03 Dicembre 2017

Qualcosa di cui prenderci cura…

Chissà che non arrivi il giorno in cui chiunque di noi guarderà il presepio, qualsiasi presepio, saprà di avere qualcuno di speciale, un Dio che si è fatto bambino, di cui prendersi cura. E ricomincerà ad amare come se fosse la prima volta.
vignetta presepe strada

©JeSuisLAutre

Quell’anno, e per l’esattezza nei giorni di Natale del 1223, Francesco se ne era partito da Greccio con più gioia nel cuore: intuiva che i suoi frati avrebbero mantenuta viva l’usanza di celebrare la nascita di Gesù in quel modo. Magari non proprio canonico e solenne, mettendoci pure Vangelo, racconti apocrifi e tanta, tanta storia e emozioni di ognuno di noi, il tutto miscelato a dosi abbondanti dettate dal cuore; ma, è fuor di dubbio, alquanto simile a quell’avvenimento successo duemila anni fa a Betlemme. Non solo. Era assai probabile che pure la gente di Greccio avrebbe sparsa la notizia al villaggio più vicino, e da lì si sarebbe diffusa in tutt’Italia e poi nel mondo intero. Insomma, avrà pensato Francesco abbozzando un sorriso, un po’ come fecero quella volta là i pastori: in effetti, di nuovo Dio si era manifestato ai piccoli! In entrambi i casi si trattava pur sempre di gente povera e semplice, abituata a portare troppa croce e ad alzare gli occhi per invocare ascolto e giustizia, non verso i potenti di questa Terra ma verso il Cielo. Uomini e donne, grandi e piccoli, che si erano presentati esibendo unicamente la patente di… umanità.
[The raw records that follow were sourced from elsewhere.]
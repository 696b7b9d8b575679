-- ===== src/Kern/Tests/Names.antt =====
-- Links to an inode, and a new directory for which there is no memory
use mathlib.Core.Path.{subst}
use gas_filesystem.Base.{◌+◌, ◌-◌, ◌≡◌, refl, false, ◌==◌, if◌then◌else◌, none, some, arith}
use gas_filesystem.Kern.Types.{enomem}
use gas_filesystem.Kern.Bitmap.{search, claim}
use gas_filesystem.Kern.Ialloc.{gas_new_inode, fill_new_inode}
use gas_filesystem.Kern.Dir.{
  Slot, dir_slot, page_slot, is_entry, same_prefix, gas_dir_pages, gas_last_byte, gas_find_entry,
}
use gas_filesystem.Kern.DirWrite.{gas_make_empty, first_page}
use gas_filesystem.Kern.DirWrite.Delete.{IsOnly}
use gas_filesystem.Kern.Dir.Find.{entry_at}
use gas_filesystem.Kern.Namei.Rename.{gas_rename}
use gas_filesystem.Kern.Namei.Target.{gas_rename_target}
use gas_filesystem.Kern.Namei.Unlink.{Unlinked, Removed, gas_unlink-Unlinked, gas_rmdir-Removed}
use gas_filesystem.Kern.Namei.{
  Counters, Vfs, gas_link, gas_unlink, gas_rmdir, gas_mkdir, fill_dir, with_new_inode,
}
use gas_filesystem.Kern.Namei.Links.{links, gas_link_counts, gas_mkdir_failed}
use gas_filesystem.Kern.Tests.Bits.{function_bits, first_zero}
use gas_filesystem.Kern.Tests.Nodes.{file_inode}
use gas_filesystem.Kern.Tests.Inodes.{small_disk, small_iam, small_iam-IsValid}
use gas_filesystem.Kern.Tests.Entries.{two_entries, new_name, quiet, dot_dot, dot_dot-IsOnly}

abbrev plain : Counters
plain = record {
  inc_nlink = λ n. n + 1;
  dec_nlink = λ n. n - 1;
  hold = λ n. n + 1;
  put = λ n. n - 1;
  dec-inc = λ n lt. omega arith;
}

-- Inode 3 is a file with one link, and every other a directory with two.
abbrev few_inodes : Vfs function_bits
few_inodes = record {
  node = λ n. record {
    i_mode = if n == 3 then 0o100644 else 0o040755;
    i_nlink = if n == 3 then 1 else 2;
    i_count = 1;
    i_op = none;
    dir = two_entries;
  };
  iam = small_iam;
}

gas_link_counts_example :
    links 3 ((gas_link function_bits plain quiet 3 0 new_name few_inodes).2) ≡ 2
gas_link_counts_example = gas_link_counts function_bits plain quiet 3 0 new_name few_inodes

-- Inode 0 stands for the parent, for its number is marked.
no_memory :
    (gas_mkdir function_bits plain quiet small_disk
      (some file_inode)
      (λ i. i)
      false
      0
      new_name
      few_inodes).0
    ≡ some enomem
unfolding gas_mkdir with_new_inode fill_dir gas_new_inode fill_new_inode search claim first_zero
    gas_make_empty
no_memory = refl

gas_mkdir_failed_example :
    links 0 (
      (gas_mkdir function_bits plain quiet small_disk
        (some file_inode)
        (λ i. i)
        false
        0
        new_name
        few_inodes).2)
    ≡ 2
gas_mkdir_failed_example =
    gas_mkdir_failed function_bits plain quiet small_disk 0 0 (λ i. i) false new_name few_inodes
      small_iam-IsValid refl (omega arith) (some file_inode) (λ e. absurd (cc (e, no_memory)))

find_dots : gas_find_entry two_entries dot_dot ≡ some (0, 1)
unfolding gas_find_entry dir_slot page_slot is_entry same_prefix gas_dir_pages gas_last_byte
    first_page
find_dots = refl

-- The second entry of every directory here is removed.
IsOnly-dots :
    (slot : Slot) → gas_find_entry two_entries dot_dot ≡ some slot → IsOnly two_entries dot_dot slot
IsOnly-dots slot e = subst (IsOnly two_entries dot_dot) (cc (e, find_dots)) dot_dot-IsOnly

gas_unlink-Unlinked_example :
    Unlinked function_bits plain quiet 0 dot_dot 3 few_inodes
      (gas_unlink function_bits plain quiet 0 dot_dot 3 few_inodes)
gas_unlink-Unlinked_example =
    gas_unlink-Unlinked function_bits plain quiet 0 dot_dot 3 few_inodes (λ e. absurd (cc (e)))
      IsOnly-dots

gas_rmdir-Removed_example :
    Removed function_bits plain quiet 0 dot_dot 5 few_inodes
      (gas_rmdir function_bits plain quiet 0 dot_dot 5 few_inodes)
gas_rmdir-Removed_example =
    gas_rmdir-Removed function_bits plain quiet 0 dot_dot 5 few_inodes (λ e. absurd (cc (e)))
      IsOnly-dots

-- The file 3 is renamed over the name of inode 5 in another directory.
gas_rename_target_example :
    ((gas_rename function_bits plain quiet 0 dot_dot 3 1 dot_dot (some 5) few_inodes).0 ≡ none)
    × (entry_at
          (((gas_rename function_bits plain quiet 0 dot_dot 3 1 dot_dot (some 5) few_inodes).1).node
            1).dir
          (0, 1)
        ≡ entry_at two_entries (0, 1))
    × (links 5 (gas_rename function_bits plain quiet 0 dot_dot 3 1 dot_dot (some 5) few_inodes).1
        ≡ 1)
gas_rename_target_example =
    gas_rename_target function_bits plain quiet 0 dot_dot 3 1 dot_dot 5 few_inodes refl (0, 1)
      (0, 1) find_dots find_dots (λ e. absurd (cc (e))) (λ e. absurd (cc (e)))
      (λ e. absurd (cc (e))) (λ e. absurd (cc (e))) (λ e. absurd (cc (e)))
Perché, è vero, potremmo stare ore, e in questi giorni ci staremo proprio, ad ascoltare estasiati chi ne sa più di noi sul significato del Natale, sul senso dell’Incarnazione: che è Dio che si fa uomo affinché l’uomo si faccia Dio, che è nei progetti della Trinità da sempre, che ha a che fare in qualche modo con le nostre colpe, e altre parole sante dicendo. Ci farebbero anche notare che quello di san Francesco è un «presepio eucaristico», celebrato sulla povera mensa di pietra della grotta di Greccio, dove Gesù rinasce nel pane e nel vino dell’Eucaristia natalizia.

Ma, un po’ più semplicemente, non è che il Natale ci ricorda che Dio, ora, è uno di noi?! Possiamo accostarci a questo bimbo senza paura, fare un mucchio di cose sciocche cercando di farlo ridere. Troveremo «la sapienza che balbetta, la potenza resa debole, la maestà abbassata, l’immenso fatto bambino, il ricco fattosi poverello, il re degli angeli che giace in una stalla, il cibo degli angeli divenuto quasi fieno per gli animali, colui che da nulla può essere contenuto, adagiato in una stretta mangiatoia» (sant’Antonio, Natale del Signore 10). E se avesse preso le sembianze di un bimbo nientedimeno che perché noi ci prendessimo cura di lui? Troppo irriverente?! Di cui prenderci cura… da amare… Dio che si affida alle nostre premure, senza nemmeno essere certo che ne saremo capaci o che ne avremo voglia… ma contandoci!

Dio ci sperava che noi ci rendessimo conto di non essere più al centro dell’universo? Che capissimo che avevamo delle precise responsabilità: non solo fare soldi o pensare a sé, ora eravamo chiamati a prenderci cura di Dio! Ascoltiamo ancora il nostro sant’Antonio: «A te, o beata Vergine, sia lode e gloria, perché oggi siamo stati ricolmati dei beni della tua casa, cioè del tuo grembo. Noi che prima eravamo vuoti, ora siamo pieni; noi che prima eravamo malati, ora siamo sani; noi che prima eravamo maledetti, ora siamo benedetti, o Maria!» (Natale del Signore 5).

Chissà, avrà forse ripreso a fantasticare con speranza Francesco, mentre da lontano lanciava un ultimo sguardo d’affetto alla grotta di Greccio; chissà che un giorno, chiunque – anche tu, carissimo lettore – guarderà il presepio, quello instabile e maldestro approntato dai bambini nelle nostre case o quello a regola d’arte delle nostre chiese non importa, saprà di avere qualcuno di speciale da amare, qualcuno di divino di cui prendersi cura. E ricomincerà ad amare, come se fosse la prima volta.